The 116-bed, full-service, acute care hospital for Deaconess Health System at the Gateway campus is designed to offer expandability and greater work efficiencies.

The new facility, Deaconess Gateway Hospital, is located on a 60-acre site and consists of three buildings totaling roughly 461,000 square feet—a six-story main hospital, a three-story heart facility, and a four-story physicians' office building—united by a “Main Street” atrium.

Inside the main entrance, a two-story atrium with numerous skylights forms the nexus of the Main Street that unites the buildings. Designed as a streetscape-styled walkway and animated by the theme of “living water,” the space links a gift shop, a conference center, and a street-side café with diagnostic services, the emergency department, and elevators to surgery and the patient floors.

The design allows the hospital to double in size in a cost-effective manner. Departments with the highest projected growth (emergency, surgery, and imaging) are strategically placed to be easily expandable. The hospital will ultimately be able to expand its patient beds from 116 to 300.

The main hospital houses imaging, emergency services, labs, a kitchen, and a pharmacy on the first floor; surgery on the second floor; mechanical operations on the third floor; and patient rooms on floors four through six.

The heart facility features office and diagnostic services on the first floor; two operating rooms, two catheter labs with two rooms designed for future catheter labs, and pre- and postoperation rooms on the second floor; and 24 patient rooms on the third floor. The patient rooms are designed to implement multiacuity care so that patients won't have to be moved from room to room.

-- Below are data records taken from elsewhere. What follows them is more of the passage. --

-- ===== src/Base/Bits.antt =====
-- The binary digits of words: what `&`, `|`, `~` and shifts of the C code do to each digit.
use Prim.Native.Nat.{
  ℕ, zero, suc, ◌+◌, ◌-◌, ◌*◌, ◌/◌, ◌%◌, ◌^◌, ◌≤◌, ◌<◌, min, max, digits, bit_and, bit_or,
  bit_and-bitwise, bit_or-bitwise,
}
use mathlib.Core.Path.{◌≡◌, refl, ap, ◌∙◌}
use mathlib.Core.Logic.{◌≢◌}
use native.Mathlib.Nat.{two-pow-succ, one-le-pow}
use native.Mathlib.Omega.{arith}

-- Digit `k` of `a`, 0 or 1.
abbrev pub bit : ℕ → ℕ → ℕ
bit a zero = a % 2
bit a (suc k) = bit (a / 2) k

-- The recursion behind the native operations does not depend on its count of digits.
module _ (z : ℕ → ℕ) (f : ℕ → ℕ → ℕ) where
  digits_count : (m n a b : ℕ) → a ≤ m → a ≤ n → digits z f m a b ≡ digits z f n a b
  digits_count zero zero a b p q = refl
  digits_count zero (suc n) zero b p q = refl
  digits_count zero (suc n) (suc a) b p q = absurd (omega arith)
  digits_count (suc m) zero zero b p q = refl
  digits_count (suc m) zero (suc a) b p q = absurd (omega arith)
  digits_count (suc m) (suc n) zero b p q = refl
  digits_count (suc m) (suc n) (suc a) b p q =
      ap (λ (t : ℕ). t * 2 + f (suc a % 2) (b % 2))
        (digits_count m n (suc a / 2) (b / 2) (omega arith) (omega arith))

pub bit_and_split : (a b : ℕ) → bit_and a b ≡ bit_and (a / 2) (b / 2) * 2 + min (a % 2) (b % 2)
bit_and_split zero b = omega (arith, bit_and-bitwise 0 b, bit_and-bitwise (0 / 2) (b / 2))
bit_and_split (suc a) b = omega (
  arith,
  bit_and-bitwise (suc a) b,
  bit_and-bitwise (suc a / 2) (b / 2),
  digits_count (λ y. 0) min a (suc a / 2) (suc a / 2) (b / 2) (omega arith) (omega arith),
)

pub bit_or_split : (a b : ℕ) → bit_or a b ≡ bit_or (a / 2) (b / 2) * 2 + max (a % 2) (b % 2)
bit_or_split zero b = omega (arith, bit_or-bitwise 0 b, bit_or-bitwise (0 / 2) (b / 2))
bit_or_split (suc a) b = omega (
  arith,
  bit_or-bitwise (suc a) b,
  bit_or-bitwise (suc a / 2) (b / 2),
  digits_count (λ y. y) max a (suc a / 2) (suc a / 2) (b / 2) (omega arith) (omega arith),
)

pub zero-bit_and : (b : ℕ) → bit_and 0 b ≡ 0
zero-bit_and b = bit_and-bitwise 0 b

half-bit_and : (a b : ℕ) → bit_and a b / 2 ≡ bit_and (a / 2) (b / 2)
half-bit_and a b = omega (arith, bit_and_split a b)

half-bit_or : (a b : ℕ) → bit_or a b / 2 ≡ bit_or (a / 2) (b / 2)
half-bit_or a b = omega (arith, bit_or_split a b)

pub bit-le-one : (a k : ℕ) → bit a k ≤ 1
bit-le-one a zero = omega arith
bit-le-one a (suc k) = bit-le-one (a / 2) k

pub bit-bit_and : (a b k : ℕ) → bit (bit_and a b) k ≡ min (bit a k) (bit b k)
bit-bit_and a b zero = omega (arith, bit_and_split a b)
bit-bit_and a b (suc k) = ap (λ t. bit t k) (half-bit_and a b) ∙ bit-bit_and (a / 2) (b / 2) k

pub bit-bit_or : (a b k : ℕ) → bit (bit_or a b) k ≡ max (bit a k) (bit b k)
bit-bit_or a b zero = omega (arith, bit_or_split a b)
bit-bit_or a b (suc k) = ap (λ t. bit t k) (half-bit_or a b) ∙ bit-bit_or (a / 2) (b / 2) k

pub bit-zero : (k : ℕ) → bit 0 k ≡ 0
bit-zero zero = refl
bit-zero (suc k) = bit-zero k

half-two-pow : (k : ℕ) → 2 ^ suc k / 2 ≡ 2 ^ k
half-two-pow k = omega (arith, two-pow-succ k)

-- `1 << j` has one digit.
pub bit-two-pow_self : (j : ℕ) → bit (2 ^ j) j ≡ 1
bit-two-pow_self zero = refl
bit-two-pow_self (suc j) = ap (λ t. bit t j) (half-two-pow j) ∙ bit-two-pow_self j

pub bit-two-pow_ne : (j k : ℕ) → j ≢ k → bit (2 ^ j) k ≡ 0
bit-two-pow_ne zero zero h = absurd (h refl)
bit-two-pow_ne zero (suc k) h = bit-zero k
bit-two-pow_ne (suc j) zero h = omega (arith, two-pow-succ j)
bit-two-pow_ne (suc j) (suc k) h =
    ap (λ t. bit t k) (half-two-pow j) ∙ bit-two-pow_ne j k (λ e. h (ap suc e))

-- `~a` on a word of `w` bits.
pub bit-complement : (w a k : ℕ) → a < 2 ^ w → k < w → bit (2 ^ w - 1 - a) k ≡ 1 - bit a k
bit-complement zero a k p q = absurd (omega arith)
bit-complement (suc w) a zero p q = omega (arith, two-pow-succ w)
bit-complement (suc w) a (suc k) p q =
    ap (λ t. bit t k) (omega (arith, two-pow-succ w))
    ∙ bit-complement w (a / 2) k (omega (arith, two-pow-succ w)) (omega arith)

-- A word with no digit is 0.
pub eq-zero_of_bit : (w a : ℕ) → a < 2 ^ w → ((k : ℕ) → k < w → bit a k ≡ 0) → a ≡ 0
eq-zero_of_bit zero a p h = omega arith
eq-zero_of_bit (suc w) a p h = omega (
  arith,
  h 0 (omega arith),
  eq-zero_of_bit w (a / 2) (omega (arith, two-pow-succ w)) (λ k q. h (suc k) (omega arith)),
)

-- Words with the same digits are equal.
pub eq_of_bit : (w a b : ℕ) → a < 2 ^ w → b < 2 ^ w → ((k : ℕ) → k < w → bit a k ≡ bit b k) → a ≡ b
eq_of_bit zero a b p q h = omega arith
eq_of_bit (suc w) a b p q h = omega (
  arith,
  two-pow-succ w,
  h 0 (omega arith),
  eq_of_bit w (a / 2) (b / 2) (omega (arith, two-pow-succ w)) (omega (arith, two-pow-succ w))
      (λ k r. h (suc k) (omega arith)),
)

pub bit_and-lt : (w a b : ℕ) → a < 2 ^ w → bit_and a b < 2 ^ w
bit_and-lt zero a b p =
    let e : a ≡ 0 = omega arith in omega (arith, ap (λ t. bit_and t b) e, zero-bit_and b)
bit_and-lt (suc w) a b p = omega (
  arith,
  two-pow-succ w,
  bit_and_split a b,
  bit_and-lt w (a / 2) (b / 2) (omega (arith, two-pow-succ w)),
)

pub bit_or-lt : (w a b : ℕ) → a < 2 ^ w → b < 2 ^ w → bit_or a b < 2 ^ w
bit_or-lt zero a b p q =
    let e : a ≡ 0 = omega arith in
    let e' : b ≡ 0 = omega arith in omega (arith, ap (λ t. bit_or t b) e, ap (λ t. bit_or 0 t) e')
bit_or-lt (suc w) a b p q = omega (
  arith,
  two-pow-succ w,
  bit_or_split a b,
  bit_or-lt w (a / 2) (b / 2) (omega (arith, two-pow-succ w)) (omega (arith, two-pow-succ w)),
)

-- `f` digits deep there is nothing left of `a`.
bit_and-zero_count : (f a : ℕ) → a ≤ f → bit_and a 0 ≡ 0
bit_and-zero_count zero a h =
    let e : a ≡ 0 = omega arith in ap (λ t. bit_and t 0) e ∙ zero-bit_and 0
bit_and-zero_count (suc f) a h =
    omega (arith, bit_and_split a 0, bit_and-zero_count f (a / 2) (omega arith))

pub bit_and-zero : (a : ℕ) → bit_and a 0 ≡ 0
bit_and-zero a = bit_and-zero_count a a (omega arith)

-- The remainder by twice `p`, from that of the half by `p`.
mod_double : (a p : ℕ) → 0 < p → a % (p + p) ≡ a / 2 % p * 2 + a % 2
mod_double a p h = grind arith

-- A mask of `w` low digits is the remainder.
pub bit_and_mask : (w a : ℕ) → bit_and a (2 ^ w - 1) ≡ a % 2 ^ w
bit_and_mask zero a = omega (arith, bit_and-zero a)
bit_and_mask (suc w) a =
    bit_and_split a (2 ^ suc w - 1)
    ∙ ap (λ (t : ℕ). bit_and (a / 2) t * 2 + min (a % 2) ((2 ^ suc w - 1) % 2)) half
    ∙ omega (
      arith,
      bit_and_mask w (a / 2),
      mod_double a (2 ^ w) (one-le-pow w 2 (omega arith)),
      ap (λ t. a % t) (two-pow-succ w),
      two-pow-succ w,
      one-le-pow w 2,
    )
  where
    half : (2 ^ suc w - 1) / 2 ≡ 2 ^ w - 1
    half = omega (arith, two-pow-succ w)

-- `a & (1 << j)` is digit `j` in its place.
pub bit_and-two-pow : (a j : ℕ) → bit_and a (2 ^ j) ≡ bit a j * 2 ^ j
bit_and-two-pow a zero = omega (arith, bit_and_split a 1, bit_and-zero (a / 2))
bit_and-two-pow a (suc j) =
    bit_and_split a (2 ^ suc j)
    ∙ ap (λ (t : ℕ). bit_and (a / 2) t * 2 + min (a % 2) (2 ^ suc j % 2)) (half-two-pow j)
    ∙ omega (
      arith,
      bit_and-two-pow (a / 2) j,
      two-pow-succ j,
      ap (λ (t : ℕ). bit (a / 2) j * t) (two-pow-succ j),
    )
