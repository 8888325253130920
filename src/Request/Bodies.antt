-- ===== src/Request/Bodies.antt =====
-- The bodies of the messages of a transfer: what buildNextL2Msg puts into one, read back.
use hex.Base.{
  ◌⊎◌, inl, inr, ℕ, zero, suc, ◌+◌, ◌-◌, ◌/◌, ◌%◌, ◌≤◌, ◌<◌, ◌≡◌, refl, sym, ap, ◌∙◌, some, List,
  [], ◌∷◌, ◌++◌, arith, length, take, drop, length-take, length-drop,
}
use hex.Protocol.{Bytes, L1MessageId, data_transfer_req, transfer_data_blk, write_at, write_int}
use hex.Request.{
  ByteOrder, TransferRequest, req_payload_size, blk_payload_size, data_transfer_header_size,
  data_transfer_req_header_size, file_transfer_req_header_size, write_long, write_short,
  write_req_header, write_blk_header, portion, first_msg, data_blk, build_next_l2_msg, Segment,
  segment,
}

pub length-write_at : (off : ℕ) (bs buf : Bytes) → length (write_at off bs buf) ≡ length buf
unfolding write_at
length-write_at zero [] buf = refl
length-write_at zero (b ∷ bs) [] = refl
length-write_at zero (b ∷ bs) (c ∷ buf) = ap suc (length-write_at zero bs buf)
length-write_at (suc off) bs [] = refl
length-write_at (suc off) bs (c ∷ buf) = ap suc (length-write_at off bs buf)

pub take-write_at :
    (bs buf : Bytes) → length bs ≤ length buf → take (length bs) (write_at 0 bs buf) ≡ bs
unfolding write_at
take-write_at [] buf l = refl
take-write_at (b ∷ bs) [] l = absurd (omega arith)
take-write_at (b ∷ bs) (c ∷ buf) l = ap (λ t. b ∷ t) (take-write_at bs buf (omega arith))

pub length-write_int : (off v : ℕ) (buf : Bytes) → length (write_int off v buf) ≡ length buf
unfolding write_int
length-write_int off v buf =
    length-write_at off (v % 256 ∷ v / 256 % 256 ∷ v / 65536 % 256 ∷ v / 16777216 % 256 ∷ []) buf

pub length-write_long : (off v : ℕ) (buf : Bytes) → length (write_long off v buf) ≡ length buf
unfolding write_long
length-write_long off v buf =
    length-write_int (off + 4) 0 (write_int off v buf) ∙ length-write_int off v buf

pub length-write_short : (off v : ℕ) (buf : Bytes) → length (write_short off v buf) ≡ length buf
unfolding write_short
length-write_short off v buf = length-write_at off (v % 256 ∷ v / 256 % 256 ∷ []) buf

-- what was written is read back
pub read-write_at :
    (off : ℕ) (bs buf : Bytes)
    → off + length bs ≤ length buf
    → take (length bs) (drop off (write_at off bs buf)) ≡ bs
unfolding write_at
read-write_at zero bs buf l = take-write_at bs buf (omega arith)
read-write_at (suc off) bs [] l = absurd (omega arith)
read-write_at (suc off) bs (c ∷ buf) l = read-write_at off bs buf (omega arith)

pub drop-drop : (k n : ℕ) (s : Bytes) → drop (k + n) s ≡ drop n (drop k s)
drop-drop zero n s = ap (λ m. drop m s) (omega arith)
drop-drop (suc k) zero [] = let e : suc k + 0 ≡ suc k = omega arith in rw e refl
drop-drop (suc k) (suc n) [] = let e : suc k + suc n ≡ suc (k + suc n) = omega arith in rw e refl
drop-drop (suc k) n (x ∷ s) =
    let e : suc k + n ≡ suc (k + n) = omega arith in rw e (drop-drop k n s)

pub drop_all : (k : ℕ) (s : Bytes) → length s ≤ k → drop k s ≡ []
drop_all zero [] l = refl
drop_all zero (x ∷ s) l = absurd (omega arith)
drop_all (suc k) [] l = refl
drop_all (suc k) (x ∷ s) l = drop_all k s (omega arith)

pub portion_lem :
    (size : ℕ) (r : TransferRequest)
    → (portion size r ≤ size)
      × (portion size r ≤ r.l2_payload_length - r.nb_payload_bytes_sent)
      × (0 < size → r.nb_payload_bytes_sent < r.l2_payload_length → 0 < portion size r)
unfolding portion
portion_lem size r = ground arith

-- The payload of a message: the bytes behind its header, as many as its length tells, less what
-- buildNextL2Msg adds to their number. For the first message this is 256 more than the header has.
abbrev payload_at : L1MessageId → (nb_bytes : ℕ) → Bytes → Bytes
payload_at data_transfer_req n body =
    take (n - file_transfer_req_header_size) (drop data_transfer_req_header_size body)
payload_at transfer_data_blk n body =
    take (n - data_transfer_header_size) (drop data_transfer_header_size body)
payload_at _ n body = []

abbrev pub payload : Segment → Bytes
payload s = payload_at s.l1_msg_id s.nb_bytes s.body

abbrev pub payloads : List Segment → Bytes
payloads [] = []
payloads (s ∷ ss) = payload s ++ payloads ss

-- the length that a message tells, against its payload
abbrev pub Told : Segment → Type 0
Told s =
    ((s.l1_msg_id ≡ data_transfer_req)
      × (s.nb_bytes ≡ data_transfer_req_header_size + 256 + length (payload s)))
    ⊎ ((s.l1_msg_id ≡ transfer_data_blk)
        × (s.nb_bytes ≡ data_transfer_header_size + length (payload s)))

abbrev pub AllTold : List Segment → Type 0
AllTold [] = Unit
AllTold (s ∷ ss) = Told s × (0 < length (payload s)) × AllTold ss

-- the body has the size of ClientServerMsgBody, and the length is that of the buffer
pub record Ready (r : TransferRequest) : Type 0 where
  pub room : length r.msg ≡ 8192
  pub whole : length r.source_buffer ≡ r.l2_payload_length

-- what the next message carries
abbrev pub chunk : ℕ → TransferRequest → Bytes
chunk size r = take (portion size r) (drop r.nb_payload_bytes_sent r.source_buffer)

module _ (o : ByteOrder) (r : TransferRequest) (ok : Ready r) where
  pub length-chunk : (size : ℕ) → length (chunk size r) ≡ portion size r
  length-chunk size = omega (
    arith,
    length-take (portion size r) (drop r.nb_payload_bytes_sent r.source_buffer),
    length-drop r.nb_payload_bytes_sent r.source_buffer,
    portion_lem size r,
    ok.whole,
  )

  write_req_header-length : length (write_req_header o r) ≡ 8192
  unfolding write_req_header
  write_req_header-length =
      length-write_short 16 (o.htons r.l2_action) _
      ∙ length-write_long 0 (o.htonl r.transfer_id) _
      ∙ length-write_long 8 (o.htonl r.l2_payload_length) r.msg
      ∙ ok.room

  write_blk_header-length : length (write_blk_header o r) ≡ 8192
  unfolding write_blk_header
  write_blk_header-length =
      length-write_long 0 (o.htonl r.transfer_id) _
      ∙ length-write_int 8 (o.htonl r.nb_payload_bytes_sent) r.msg
      ∙ ok.room

  -- a chunk that was copied behind a header of the message is read back
  copied :
      (size off : ℕ) (buf : Bytes)
      → off + size ≤ 8192
      → length buf ≡ 8192
      → take (portion size r) (drop off (write_at off (chunk size r) buf)) ≡ chunk size r
  copied size off buf l e =
      ap (λ n. take n (drop off (write_at off (chunk size r) buf))) (sym (length-chunk size))
      ∙ read-write_at off (chunk size r) buf (omega (arith, length-chunk size, portion_lem size r))

  pub data_blk-payload : payload (segment (data_blk o r)) ≡ chunk blk_payload_size r
  unfolding data_blk
  data_blk-payload =
      let n = portion blk_payload_size r in
      let e : n + data_transfer_header_size - data_transfer_header_size ≡ n = omega arith in
      ap (λ k. take k (drop data_transfer_header_size (data_blk o r).0.msg)) e
      ∙ copied blk_payload_size data_transfer_header_size (write_blk_header o r) (omega arith)
          write_blk_header-length

  pub data_blk-Ready : Ready (data_blk o r).0
  unfolding data_blk
  data_blk-Ready = record {
    room =
        length-write_at data_transfer_header_size (chunk blk_payload_size r) (write_blk_header o r)
        ∙ write_blk_header-length;
    whole = ok.whole;
  }

  pub first_msg-Ready : Ready (first_msg o r).0
  unfolding first_msg
  first_msg-Ready = record {
    room =
        length-write_at data_transfer_req_header_size
          (take (portion req_payload_size r) r.source_buffer) (write_req_header o r)
        ∙ write_req_header-length;
    whole = ok.whole;
  }

  pub first_msg-payload :
      r.nb_payload_bytes_sent ≡ 0 → payload (segment (first_msg o r)) ≡ chunk req_payload_size r
  unfolding first_msg
  first_msg-payload z =
      let n = portion req_payload_size r in
      let e : n + file_transfer_req_header_size - file_transfer_req_header_size ≡ n = omega arith in
      ap (λ k. take k (drop data_transfer_req_header_size (first_msg o r).0.msg)) e
      ∙ ap
          (λ k. take (portion req_payload_size r) (
            drop data_transfer_req_header_size (
              write_at data_transfer_req_header_size
                (take (portion req_payload_size r) (drop k r.source_buffer))
                (write_req_header o r))))
          (sym z)
      ∙ copied req_payload_size data_transfer_req_header_size (write_req_header o r) (omega arith)
          write_req_header-length

  pub data_blk-Told :
      r.nb_payload_bytes_sent < r.l2_payload_length
      → Told (segment (data_blk o r)) × (0 < length (payload (segment (data_blk o r))))
  unfolding data_blk
  data_blk-Told l =
      let k = ap length data_blk-payload ∙ length-chunk blk_payload_size in
      (
        inr (refl, omega (arith, k)),
        omega (arith, k, (portion_lem blk_payload_size r).2 (omega arith) l),
      )

  pub first_msg-Told :
      r.nb_payload_bytes_sent ≡ 0
      → r.nb_payload_bytes_sent < r.l2_payload_length
      → Told (segment (first_msg o r)) × (0 < length (payload (segment (first_msg o r))))
  unfolding first_msg
  first_msg-Told z l =
      let k = ap length (first_msg-payload z) ∙ length-chunk req_payload_size in
      (
        inl (refl, omega (arith, k)),
        omega (arith, k, (portion_lem req_payload_size r).2 (omega arith) l),
      )

  -- the two parts of buildNextL2Msg
  pub build_first :
      (out : L1MessageId × ℕ)
      → r.nb_payload_bytes_sent ≡ 0
      → 0 < r.l2_payload_length
      → build_next_l2_msg o r out ≡ some (first_msg o r)
  unfolding build_next_l2_msg first_msg
  build_first out z p = let q = portion_lem req_payload_size r in ground arith

  pub build_blk :
      (out : L1MessageId × ℕ)
      → 0 < r.nb_payload_bytes_sent
      → r.nb_payload_bytes_sent < r.l2_payload_length
      → build_next_l2_msg o r out ≡ some (data_blk o r)
  unfolding build_next_l2_msg data_blk
  build_blk out z p = let q = portion_lem blk_payload_size r in ground arith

In addition to accommodating future growth, the design optimizes the delivery of healthcare services. Nursing units were carefully laid out after a work-flow analysis to create an environment that allows nurses to spend as much time as possible at the patient's bedside. Support spaces for medicine and supplies are strategically placed near patient rooms to minimize walking distance. Nurses' stations have been decentralized so that each station can directly view and serve two patient rooms.

To minimize noise on patient floors, there are no doors into core support spaces from the patient corridors. Staff access support spaces by corridors through and across the core areas.